» About this exercise
Among the entries below, how many lines contain the string "cases"? Only the number is wanted.

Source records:
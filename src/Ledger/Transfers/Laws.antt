-- ===== src/Ledger/Transfers/Laws.antt =====
-- What the exported transfers do to all balances.
use mathlib.Core.Path.{subst}
use dex_backend.Base.{ℕ, ◌+◌, ◌≤◌, ◌≡◌, ◌≢◌, ◌∙◌, arith, if◌then◌else◌}
use dex_backend.Result.{ok}
use dex_backend.Text.Bytes.{Str}
use dex_backend.Asset.{Asset, asset_eq}
use dex_backend.Schema.{LedgerDb}
use dex_backend.Tx.Laws.{bind-ok, check-ok, check-bind, transact-ok}
use dex_backend.Ledger.{lock_user}
use dex_backend.Ledger.Cells.{balance_of, locked_of, total, Keeps, Same, at, lock_balances_tx-Same}
use dex_backend.Ledger.Transfers.{transfer_balance, transfer_balance_tx, swap_balance}
use dex_backend.Ledger.Transfers.Steps.{
  Reads, Credited, Debited, credit_balance_tx-Credited, debit_balance_tx-Debited,
}

pub lock_user-eq :
    (u : ℕ) (db : LedgerDb) {x : Unit {0}} {db' : LedgerDb}
    → lock_user u db ≡ ok (x, db')
    → db' ≡ db
unfolding lock_user
lock_user-eq u db h = (check-ok _ _ db h).1

-- `x` of asset `a` went from the sender, who had it, to the recipient, and nothing else changed.
pub record Transferred (s r : ℕ) (a : Asset) (x : ℕ) (db db' : LedgerDb) : Type 0 where
  pub covered : x ≤ balance_of db s a
  pub balances :
      (v : ℕ) (c : Asset) → balance_of db' v c + at s a v c x ≡ balance_of db v c + at r a v c x
  pub lockeds : (v : ℕ) (c : Asset) → locked_of db' v c ≡ locked_of db v c
  pub totals : (c : Asset) → total c db' ≡ total c db
  pub keeps : Keeps db db'

Transferred-intro :
    (s r : ℕ) {a b : Asset} {x y : ℕ} {d e f : LedgerDb} (asset raw : Str) {g : LedgerDb}
    → Same d e
    → Reads asset raw a x
    → Reads asset raw b y
    → Debited s a x e f
    → Credited r b y f g
    → Transferred s r a x d g
Transferred-intro s r {a} {b} {x} {y} asset raw same first second out_ in_ =
    let one_asset : b ≡ a = ground (arith, first, second) in
    let one_amount : y ≡ x = ground (arith, first, second) in
    record {
      covered = ground (arith, out_.covered, same.balances s a);
      balances = λ v c. ground (arith, out_.balances v c, in_.balances v c, same.balances v c);
      lockeds = λ v c. in_.lockeds v c ∙ out_.lockeds v c ∙ same.lockeds v c;
      totals = λ c. ground (arith, out_.totals c, in_.totals c, same.totals c);
      keeps = ground (arith, out_.keeps, in_.keeps, same.keeps);
    }

-- A transfer that succeeds is between two users, its asset and its positive amount were read from
-- the arguments, the sender had the amount, and it moved from the sender to the recipient: no
-- other balance, no lock and no ledger entry changed, and the total of every asset is the same.
pub transfer_balance_moves :
    (s r : ℕ) (asset raw : Str) (db : LedgerDb) {db' : LedgerDb}
    → transfer_balance s r asset raw db ≡ (ok tt, db')
    → (s ≢ r) × (a : Asset) × (x : ℕ) × Reads asset raw a x × Transferred s r a x db db'
unfolding transfer_balance
transfer_balance_moves s r asset raw db h =
    let (differ, k) = check-bind _ _ _ db (transact-ok (transfer_balance_tx s r asset raw) db h) in
    let (_, d1, h1, k1) = bind-ok _ _ db k in
    let (_, d2, h2, k2) = bind-ok _ _ d1 k1 in
    let (_, d3, h3, k3) = bind-ok _ _ d2 k2 in
    let (_, d4, h4, k4) = bind-ok _ _ d3 k3 in
    let (a, x, reads, out_) = debit_balance_tx-Debited s asset raw d3 h4 in
    let (b, y, again, in_) = credit_balance_tx-Credited r asset raw d4 k4 in
    let same : Same db d3 =
      subst (λ d. Same d d3) (lock_user-eq _ d1 h2 ∙ lock_user-eq _ db h1)
        (lock_balances_tx-Same _ d2 h3) in
    (ground (arith, differ), a, x, reads, Transferred-intro s r asset raw same reads again out_ in_)

-- `x` of asset `a` was exchanged for `y` of asset `b`, in the balances of user `u`.
pub record Swapped (u : ℕ) (a b : Asset) (x y : ℕ) (db db' : LedgerDb) : Type 0 where
  pub covered : x ≤ balance_of db u a
  pub balances :
      (v : ℕ) (c : Asset) → balance_of db' v c + at u a v c x ≡ balance_of db v c + at u b v c y
  pub lockeds : (v : ℕ) (c : Asset) → locked_of db' v c ≡ locked_of db v c
  pub totals :
      (c : Asset)
      → total c db' + (if asset_eq a c then x else 0) ≡ total c db + (if asset_eq b c then y else 0)
  pub keeps : Keeps db db'

-- A swap that succeeds has read both assets and both positive amounts. The user had the source
-- amount; it is debited and the destination amount credited, to the same user, and no other
-- balance, no lock and no ledger entry changes.
pub swap_balance_exchanges :
    (u : ℕ) (source source_raw destination destination_raw : Str) (db : LedgerDb) {db' : LedgerDb}
    → swap_balance u source source_raw destination destination_raw db ≡ (ok tt, db')
    → (a : Asset) × (x : ℕ) × (b : Asset) × (y : ℕ) × Reads source source_raw a x
      × Reads destination destination_raw b y
      × Swapped u a b x y db db'
unfolding swap_balance
swap_balance_exchanges u source source_raw destination destination_raw db h =
    let (_, d, h0, k0) = bind-ok _ _ db (transact-ok _ db h) in
    let (a, x, from_, out_) = debit_balance_tx-Debited u source source_raw db h0 in
    let (b, y, to_, in_) = credit_balance_tx-Credited u destination destination_raw d k0 in
    (
      a,
      x,
      b,
      y,
      from_,
      to_,
      record {
        covered = out_.covered;
        balances = λ v c. ground (arith, out_.balances v c, in_.balances v c);
        lockeds = λ v c. in_.lockeds v c ∙ out_.lockeds v c;
        totals = λ c. ground (arith, out_.totals c, in_.totals c);
        keeps = ground (arith, out_.keeps, in_.keeps);
      },
    )
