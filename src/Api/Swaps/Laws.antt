-- ===== src/Api/Swaps/Laws.antt =====
-- A swap is one to one into BIUSD, and costs one percent out of it.
use dex_backend.Base.{
  ℕ, ◌+◌, ◌-◌, ◌*◌, ◌/◌, ◌<◌, ◌≤◌, ◌≡◌, refl, ap, sym, ◌∙◌, ◌⊎◌, inl, inr, Bool, true, false, ◌&&◌,
  ◌||◌, some, arith, ◌==◌, Bool-cases,
}
use mathlib.Core.Path.{subst}
use dex_backend.Result.{Result, ok, err, Result-cases}
use dex_backend.Text.Bytes.{Str, str_eq, trim_space, to_upper}
use dex_backend.Text.Laws.{str_eq_iff}
use dex_backend.Text.Decimal.{string, pos, set_string}
use dex_backend.Asset.{Asset, usdt, usdc, biusd, name}
use dex_backend.Asset.Laws.{normalize_asset-name}
use dex_backend.Schema.{LedgerDb}
use dex_backend.Ledger.{validate_positive_amount}
use dex_backend.Ledger.Amounts.{positive_amount, amount_of_string}
use dex_backend.Ledger.Transfers.{swap_balance}
use dex_backend.Ledger.Transfers.Laws.{Swapped, swap_balance_exchanges}
use dex_backend.Api.{Claims}
use dex_backend.Api.Swaps.{
  SwapReply, fee_or_zero, swap_destinations, swap_fee_rate, fee_amount_of, answer_swap, swap_amount,
  swap_assets, swap,
}

-- The conversions on offer, with what each costs of `x`.
pub data Rate (x : ℕ) : Asset → Asset → ℕ → Type 0 where
  usdt_in : Rate x usdt biusd 0
  usdc_in : Rate x usdc biusd 0
  usdt_out : Rate x biusd usdt (x * 100 / 10000)
  usdc_out : Rate x biusd usdc (x * 100 / 10000)

-- A conversion that is offered, by its names.
record Offered (x : ℕ) (source destination : Str) : Type 0 where
  a : Asset
  b : Asset
  fee : ℕ
  source_is : source ≡ name a
  destination_is : destination ≡ name b
  rate : Rate x a b fee
  fee_is : fee_or_zero (fee_amount_of (swap_fee_rate destination) x) ≡ fee

into_biusd :
    (x : ℕ) (d : Str) → d ≡ name biusd → fee_or_zero (fee_amount_of (swap_fee_rate d) x) ≡ 0
unfolding swap_fee_rate fee_amount_of
into_biusd x d h = rw h refl

out_usdt :
    (x : ℕ) (d : Str)
    → d ≡ name usdt
    → fee_or_zero (fee_amount_of (swap_fee_rate d) x) ≡ x * 100 / 10000
unfolding swap_fee_rate fee_amount_of
out_usdt x d h = rw h refl

out_usdc :
    (x : ℕ) (d : Str)
    → d ≡ name usdc
    → fee_or_zero (fee_amount_of (swap_fee_rate d) x) ≡ x * 100 / 10000
unfolding swap_fee_rate fee_amount_of
out_usdc x d h = rw h refl

both : (p q r : Bool) → (p && (q || r)) ≡ true → (p ≡ true) × ((q ≡ true) ⊎ (r ≡ true))
both true true r h = (refl, inl refl)
both true false r h = (refl, inr h)
both false q r h = cc

offered : (x : ℕ) (s d : Str) → swap_destinations s d ≡ true → Offered x s d
unfolding swap_destinations
offered x s d h = elim (Bool-cases (str_eq s (name usdt))) [
  | inl is_usdt ↦
      let s_is = (str_eq_iff s (name usdt)).0 is_usdt in
      let d_is : d ≡ name biusd = (str_eq_iff d (name biusd)).0 (ground arith) in
      record {
        a = usdt;
        b = biusd;
        fee = 0;
        source_is = s_is;
        destination_is = d_is;
        rate = usdt_in;
        fee_is = into_biusd x d d_is;
      }
  | inr not_usdt ↦ elim (Bool-cases (str_eq s (name usdc))) [
    | inl is_usdc ↦
        let s_is = (str_eq_iff s (name usdc)).0 is_usdc in
        let d_is : d ≡ name biusd = (str_eq_iff d (name biusd)).0 (ground arith) in
        record {
          a = usdc;
          b = biusd;
          fee = 0;
          source_is = s_is;
          destination_is = d_is;
          rate = usdc_in;
          fee_is = into_biusd x d d_is;
        }
    | inr not_usdc ↦
        let (from_, to_) =
          both (str_eq s (name biusd)) (str_eq d (name usdt)) (str_eq d (name usdc))
            (ground arith) in
        let s_is : s ≡ name biusd = (str_eq_iff s (name biusd)).0 from_ in
        elim to_ [
          | inl to_usdt ↦
              let d_is = (str_eq_iff d (name usdt)).0 to_usdt in
              record {
                a = biusd;
                b = usdt;
                fee = x * 100 / 10000;
                source_is = s_is;
                destination_is = d_is;
                rate = usdt_out;
                fee_is = out_usdt x d d_is;
              }
          | inr to_usdc ↦
              let d_is = (str_eq_iff d (name usdc)).0 to_usdc in
              record {
                a = biusd;
                b = usdc;
                fee = x * 100 / 10000;
                source_is = s_is;
                destination_is = d_is;
                rate = usdc_out;
                fee_is = out_usdc x d d_is;
              }
        ]
  ]
]

Rate-le : {x : ℕ} {a b : Asset} {fee : ℕ} → Rate x a b fee → fee ≤ x
Rate-le usdt_in = omega arith
Rate-le usdc_in = omega arith
Rate-le usdt_out = omega arith
Rate-le usdc_out = omega arith

answer_swap-ok :
    (r : SwapReply) (p : Result (Unit {0}) × LedgerDb) {q : SwapReply} {d : LedgerDb}
    → answer_swap r p ≡ (ok q, d)
    → (q ≡ r) × (p ≡ (ok tt, d))
unfolding answer_swap
answer_swap-ok r (ok u, db) h = ground arith
answer_swap-ok r (err x, db) h = ground arith

-- The balances after `swap_balance` of printed amounts.
exchanged :
    (u x y : ℕ) (a b : Asset) (db : LedgerDb) {d : LedgerDb}
    → 0 < x
    → 0 < y
    → swap_balance u (name a) (string x) (name b) (string y) db ≡ (ok tt, d)
    → Swapped u a b x y db d
exchanged u x y a b db {d} x_pos y_pos h =
    let (a', x', b', y', from_, to_, swapped) =
      swap_balance_exchanges u (name a) (string x) (name b) (string y) db h in
    let a_is : a' ≡ a = ground (arith, from_, normalize_asset-name a) in
    let b_is : b' ≡ b = ground (arith, to_, normalize_asset-name b) in
    let x_is : x' ≡ x = ground (arith, from_, amount_of_string x x_pos) in
    let y_is : y' ≡ y = ground (arith, to_, amount_of_string y y_pos) in
    rw (← a_is, ← b_is, ← x_is, ← y_is) swapped

-- The fee of a conversion on offer is charged of `x`: that leaves the source asset, and `y` comes to
-- the destination asset.
abbrev pub Charges : ℕ → ℕ → ℕ → LedgerDb → LedgerDb → Type 0
Charges u x y db db' =
    (a : Asset) × (b : Asset) × (fee : ℕ) × Rate x a b fee
    × (y + fee ≡ x)
    × Swapped u a b x y db db'

-- A swap of a positive amount along an offered conversion.
amount-Charges :
    (u x : ℕ) (s d : Str) (db : LedgerDb) {r : SwapReply} {db' : LedgerDb}
    → 0 < x
    → Offered x s d
    → swap_amount u s d (ok x) db ≡ (ok r, db')
    → (r.amount ≡ x) × Charges u x r.credited_amount db db'
unfolding swap_amount
amount-Charges u x s d db {r} {db'} x_pos o h =
    let fee = fee_or_zero (fee_amount_of (swap_fee_rate d) x) in
    let fee_is = o.fee_is in
    elim (Bool-cases (x - fee == 0)) [
      | inl too_small ↦ absurd (ground arith)
      | inr enough ↦
          let y = x - fee in
          let reply : SwapReply = record {
            amount = x;
            credited_amount = y;
            fee_amount = fee_amount_of (swap_fee_rate d) x;
          } in
          let (r_is, done) =
            answer_swap-ok reply (swap_balance u s (string x) d (string y) db) {q = r} {d = db'}
              (ground arith) in
          let amount_is : r.amount ≡ x = ap (λ (q : SwapReply). q.amount) r_is in
          let credited_is : r.credited_amount ≡ x - fee =
            ap (λ (q : SwapReply). q.credited_amount) r_is in
          let y_pos : 0 < x - fee = ground arith in
          let swapped : Swapped u o.a o.b x (x - fee) db db' =
            exchanged u x (x - fee) o.a o.b db x_pos y_pos
              (rw (← o.source_is, ← o.destination_is) done) in
          let charges : Charges u x (x - fee) db db' =
            (o.a, o.b, o.fee, o.rate, omega (arith, Rate-le o.rate), swapped) in
          (amount_is, subst (λ n. Charges u x n db db') (sym credited_is) charges)
    ]

-- A swap that is answered with success has read a positive amount of one of the four conversions on
-- offer. The user had the amount in the source asset, which is debited in full; the same number less
-- the fee of that conversion is credited in the destination asset and reported as such, and no other
-- balance and no lock changes.
pub swap-Charges :
    (c : Claims) (amount source destination : Str) (db : LedgerDb) {r : SwapReply} {db' : LedgerDb}
    → swap (some c) amount source destination db ≡ (ok r, db')
    → (set_string amount ≡ some (pos r.amount))
      × (0 < r.amount)
      × Charges c.user_id r.amount r.credited_amount db db'
unfolding swap swap_assets swap_amount
swap-Charges c amount source destination db {r} {db'} h =
    let s = to_upper (trim_space source) in
    let d = to_upper (trim_space destination) in
    elim (Bool-cases (str_eq s d)) [
      | inl same ↦ absurd (ground arith)
      | inr differ ↦ elim (Bool-cases (swap_destinations s d)) [
        | inr refused ↦ absurd (ground arith)
        | inl offers ↦ elim (Result-cases (validate_positive_amount amount)) [
          | inr (e, unread) ↦ absurd (ground arith)
          | inl (x, read) ↦
              let (text, x_pos) = positive_amount amount read in
              let done : swap_amount c.user_id s d (ok x) db ≡ (ok r, db') = ground arith in
              let (amount_is, charges) =
                amount-Charges c.user_id x s d db x_pos (offered x s d offers) done in
              (
                text ∙ ap (λ n. some (pos n)) (sym amount_is),
                subst (λ n. 0 < n) (sym amount_is) x_pos,
                subst (λ n. Charges c.user_id n r.credited_amount db db') (sym amount_is) charges,
              )
        ]
      ]
    ]
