-- ===== src/Worker/Stream/Lasts.antt =====
-- The parts that end in the window, as packets are answered, join it and leave it:
-- server/backend/worker.cpp.
use clean_slate_inc.Prelude.{
  ℕ, zero, suc, ◌+◌, ◌%◌, ◌≡◌, ◌≢◌, ◌<◌, refl, sym, ap, ap₂, ◌∙◌, true, [], ◌++◌, arith,
  append_assoc, append-nil,
}
use native.Mathlib.Decide.{ℕ_discrete}
use clean_slate_inc.Congestion.{max_win_len}
use clean_slate_inc.Window.{PktState, update}
use clean_slate_inc.Window.Positions.{place, update_self, update_ne}
use clean_slate_inc.Worker.Stream.{ended, lasts}

-- `lasts` reads `is_last` and `sub_op` at the places of the window only.
pub lasts-ext :
    (n : ℕ) (f g : ℕ → PktState) (p : ℕ)
    → p < max_win_len
    → ((k : ℕ) → k < n → ended (f (place p k)) ≡ ended (g (place p k)))
    → lasts f p n ≡ lasts g p n
lasts-ext zero f g p h e = refl
lasts-ext (suc n) f g p h e =
    ap₂ (λ a b. a ++ b)
      (ap (λ i. ended (f i)) here ∙ e 0 (omega arith) ∙ ap (λ i. ended (g i)) (sym here))
      (lasts-ext n f g ((p + 1) % max_win_len) (omega arith) (λ k lt.
        ap (λ i. ended (f i)) (there k)
        ∙ e (suc k) (omega arith)
        ∙ ap (λ i. ended (g i)) (sym (there k))))
  where
    here : p ≡ place p 0
    here = omega arith

    there : (k : ℕ) → place ((p + 1) % max_win_len) k ≡ place p (suc k)
    there k = omega arith

-- A packet joins the window at its end.
pub lasts-snoc :
    (n : ℕ) (f : ℕ → PktState) (p : ℕ)
    → p < max_win_len
    → lasts f p (suc n) ≡ lasts f p n ++ ended (f (place p n))
lasts-snoc zero f p h =
    ap (λ i. ended (f i) ++ []) (omega arith) ∙ append-nil (ended (f (place p 0)))
lasts-snoc (suc n) f p h =
    ap (λ l. ended (f p) ++ l) (lasts-snoc n f ((p + 1) % max_win_len) (omega arith))
    ∙ sym (
        append_assoc (ended (f p)) (lasts f ((p + 1) % max_win_len) n)
          (ended (f (place ((p + 1) % max_win_len) n))))
    ∙ ap (λ i. lasts f p (suc n) ++ ended (f i)) (omega arith)

-- Places of a window do not meet.
pub place-ne : (p j k : ℕ) → p < max_win_len → j < k → k < max_win_len → place p j ≢ place p k
place-ne p j k h lt le e = absurd (omega (arith, e))

pub lasts-write :
    (n : ℕ) (f : ℕ → PktState) (p : ℕ) (s : PktState)
    → p < max_win_len
    → n < max_win_len
    → lasts (update f (place p n) s) p (suc n) ≡ lasts f p n ++ ended s
lasts-write n f p s h small =
    lasts-snoc n (update f (place p n) s) p h
    ∙ ap₂ (λ a b. a ++ b)
        (lasts-ext n (update f (place p n) s) f p h
          (λ k lt. ap ended (update_ne f s (λ e. absurd (place-ne p k n h lt small (sym e))))))
        (ap ended (update_self f (place p n) s))

-- An answered packet still ends its part.
pub lasts-acked :
    (n : ℕ) (f : ℕ → PktState) (p i : ℕ)
    → p < max_win_len
    → lasts (update f i (record (f i) { acked = true })) p n ≡ lasts f p n
lasts-acked n f p i h = lasts-ext n (update f i (record (f i) { acked = true })) f p h same
  where
    same :
        (k : ℕ)
        → k < n
        → ended (update f i (record (f i) { acked = true }) (place p k)) ≡ ended (f (place p k))
    same k lt = elim (ℕ_discrete (place p k) i) [
      | yes e ↦
          ap (λ j. ended (update f i (record (f i) { acked = true }) j)) e
          ∙ ap ended (update_self f i (record (f i) { acked = true }))
          ∙ ap (λ j. ended (f j)) (sym e)
      | no ne ↦ ap ended (update_ne f (record (f i) { acked = true }) (λ e. ne (sym e)))
    ]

» Solution
8